**What the task asks:** Below is a listing; restate from it, character for character, the lines beginning at the line holding "else put_bytes (take" and ending at the line holding "else some (up c)", both included.

**Supplied information:**
-=-=-=-=-

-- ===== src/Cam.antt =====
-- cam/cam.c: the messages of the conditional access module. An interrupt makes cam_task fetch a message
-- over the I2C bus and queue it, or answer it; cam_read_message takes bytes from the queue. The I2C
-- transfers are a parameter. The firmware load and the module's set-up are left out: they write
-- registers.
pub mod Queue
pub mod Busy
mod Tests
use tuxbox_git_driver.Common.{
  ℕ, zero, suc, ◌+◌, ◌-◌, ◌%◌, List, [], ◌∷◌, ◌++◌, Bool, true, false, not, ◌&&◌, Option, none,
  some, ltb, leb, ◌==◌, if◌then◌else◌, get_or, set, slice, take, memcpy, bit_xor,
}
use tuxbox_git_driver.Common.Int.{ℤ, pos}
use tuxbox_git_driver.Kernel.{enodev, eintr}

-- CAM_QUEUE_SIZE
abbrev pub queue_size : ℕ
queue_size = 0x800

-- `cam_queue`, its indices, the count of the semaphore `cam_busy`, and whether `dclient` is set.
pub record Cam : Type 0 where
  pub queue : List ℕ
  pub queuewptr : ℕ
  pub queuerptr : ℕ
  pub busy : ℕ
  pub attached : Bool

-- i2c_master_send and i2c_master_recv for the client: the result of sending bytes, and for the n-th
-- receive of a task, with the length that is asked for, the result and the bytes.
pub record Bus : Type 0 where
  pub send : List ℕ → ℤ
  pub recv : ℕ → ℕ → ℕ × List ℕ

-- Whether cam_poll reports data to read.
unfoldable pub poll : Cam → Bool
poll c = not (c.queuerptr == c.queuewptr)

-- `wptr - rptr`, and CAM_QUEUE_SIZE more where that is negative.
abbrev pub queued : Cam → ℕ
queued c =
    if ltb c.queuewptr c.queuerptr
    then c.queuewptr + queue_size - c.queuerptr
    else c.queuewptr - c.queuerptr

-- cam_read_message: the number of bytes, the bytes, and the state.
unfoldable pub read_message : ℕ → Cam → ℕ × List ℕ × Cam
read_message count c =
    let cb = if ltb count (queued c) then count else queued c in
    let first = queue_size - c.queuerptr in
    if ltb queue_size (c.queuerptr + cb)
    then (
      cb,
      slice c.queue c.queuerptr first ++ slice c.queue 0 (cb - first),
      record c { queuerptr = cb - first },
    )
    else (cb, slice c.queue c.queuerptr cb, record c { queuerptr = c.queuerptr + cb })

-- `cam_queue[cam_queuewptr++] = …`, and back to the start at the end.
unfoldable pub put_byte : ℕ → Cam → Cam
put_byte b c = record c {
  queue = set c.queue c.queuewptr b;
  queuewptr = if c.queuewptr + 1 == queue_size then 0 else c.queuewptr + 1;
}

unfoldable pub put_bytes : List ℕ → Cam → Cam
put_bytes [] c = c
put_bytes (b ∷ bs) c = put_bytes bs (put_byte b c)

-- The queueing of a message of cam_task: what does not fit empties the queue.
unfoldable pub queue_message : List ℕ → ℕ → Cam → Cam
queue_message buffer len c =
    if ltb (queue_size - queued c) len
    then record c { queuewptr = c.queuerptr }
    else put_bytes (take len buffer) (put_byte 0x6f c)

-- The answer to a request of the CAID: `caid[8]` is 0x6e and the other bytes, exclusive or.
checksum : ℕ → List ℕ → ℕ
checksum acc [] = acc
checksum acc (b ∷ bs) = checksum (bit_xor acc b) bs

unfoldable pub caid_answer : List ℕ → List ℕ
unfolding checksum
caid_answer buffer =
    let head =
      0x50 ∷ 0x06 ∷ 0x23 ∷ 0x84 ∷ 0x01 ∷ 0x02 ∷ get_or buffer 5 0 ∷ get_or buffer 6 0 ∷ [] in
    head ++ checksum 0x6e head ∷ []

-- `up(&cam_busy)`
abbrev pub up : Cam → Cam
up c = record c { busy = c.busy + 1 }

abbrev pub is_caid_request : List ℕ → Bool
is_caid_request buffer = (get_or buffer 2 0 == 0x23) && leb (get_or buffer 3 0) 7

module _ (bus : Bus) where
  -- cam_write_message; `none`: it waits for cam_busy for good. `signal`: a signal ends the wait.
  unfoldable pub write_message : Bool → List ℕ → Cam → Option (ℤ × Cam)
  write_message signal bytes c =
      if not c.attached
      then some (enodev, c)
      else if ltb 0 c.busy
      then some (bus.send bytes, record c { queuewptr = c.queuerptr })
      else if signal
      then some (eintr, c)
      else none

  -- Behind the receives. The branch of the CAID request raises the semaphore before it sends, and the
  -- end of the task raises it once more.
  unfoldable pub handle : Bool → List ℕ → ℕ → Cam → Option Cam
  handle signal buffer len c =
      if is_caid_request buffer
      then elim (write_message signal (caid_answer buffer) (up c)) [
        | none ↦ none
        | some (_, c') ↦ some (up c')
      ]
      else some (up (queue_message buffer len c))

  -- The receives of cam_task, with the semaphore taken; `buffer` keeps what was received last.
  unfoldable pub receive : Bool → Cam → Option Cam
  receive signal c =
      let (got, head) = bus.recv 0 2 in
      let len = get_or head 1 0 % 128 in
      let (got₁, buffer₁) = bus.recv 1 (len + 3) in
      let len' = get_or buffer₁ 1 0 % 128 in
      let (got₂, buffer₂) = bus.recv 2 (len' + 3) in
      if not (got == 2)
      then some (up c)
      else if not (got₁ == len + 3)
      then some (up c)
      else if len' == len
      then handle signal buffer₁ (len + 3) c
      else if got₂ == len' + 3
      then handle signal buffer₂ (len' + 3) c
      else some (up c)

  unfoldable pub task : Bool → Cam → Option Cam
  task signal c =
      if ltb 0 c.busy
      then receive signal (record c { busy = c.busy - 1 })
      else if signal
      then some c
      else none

-=-=-=-=-

**Result of this exercise:**
    else put_bytes (take len buffer) (put_byte 0x6f c)

-- The answer to a request of the CAID: `caid[8]` is 0x6e and the other bytes, exclusive or.
checksum : ℕ → List ℕ → ℕ
checksum acc [] = acc
checksum acc (b ∷ bs) = checksum (bit_xor acc b) bs

unfoldable pub caid_answer : List ℕ → List ℕ
unfolding checksum
caid_answer buffer =
    let head =
      0x50 ∷ 0x06 ∷ 0x23 ∷ 0x84 ∷ 0x01 ∷ 0x02 ∷ get_or buffer 5 0 ∷ get_or buffer 6 0 ∷ [] in
    head ++ checksum 0x6e head ∷ []

-- `up(&cam_busy)`
abbrev pub up : Cam → Cam
up c = record c { busy = c.busy + 1 }

abbrev pub is_caid_request : List ℕ → Bool
is_caid_request buffer = (get_or buffer 2 0 == 0x23) && leb (get_or buffer 3 0) 7

module _ (bus : Bus) where
  -- cam_write_message; `none`: it waits for cam_busy for good. `signal`: a signal ends the wait.
  unfoldable pub write_message : Bool → List ℕ → Cam → Option (ℤ × Cam)
  write_message signal bytes c =
      if not c.attached
      then some (enodev, c)
      else if ltb 0 c.busy
      then some (bus.send bytes, record c { queuewptr = c.queuerptr })
      else if signal
      then some (eintr, c)
      else none

  -- Behind the receives. The branch of the CAID request raises the semaphore before it sends, and the
  -- end of the task raises it once more.
  unfoldable pub handle : Bool → List ℕ → ℕ → Cam → Option Cam
  handle signal buffer len c =
      if is_caid_request buffer
      then elim (write_message signal (caid_answer buffer) (up c)) [
        | none ↦ none
        | some (_, c') ↦ some (up c')
      ]
      else some (up (queue_message buffer len c))

  -- The receives of cam_task, with the semaphore taken; `buffer` keeps what was received last.
  unfoldable pub receive : Bool → Cam → Option Cam
  receive signal c =
      let (got, head) = bus.recv 0 2 in
      let len = get_or head 1 0 % 128 in
      let (got₁, buffer₁) = bus.recv 1 (len + 3) in
      let len' = get_or buffer₁ 1 0 % 128 in
      let (got₂, buffer₂) = bus.recv 2 (len' + 3) in
      if not (got == 2)
      then some (up c)
      else if not (got₁ == len + 3)
      then some (up c)
      else if len' == len
      then handle signal buffer₁ (len + 3) c
      else if got₂ == len' + 3
      then handle signal buffer₂ (len' + 3) c
      else some (up c)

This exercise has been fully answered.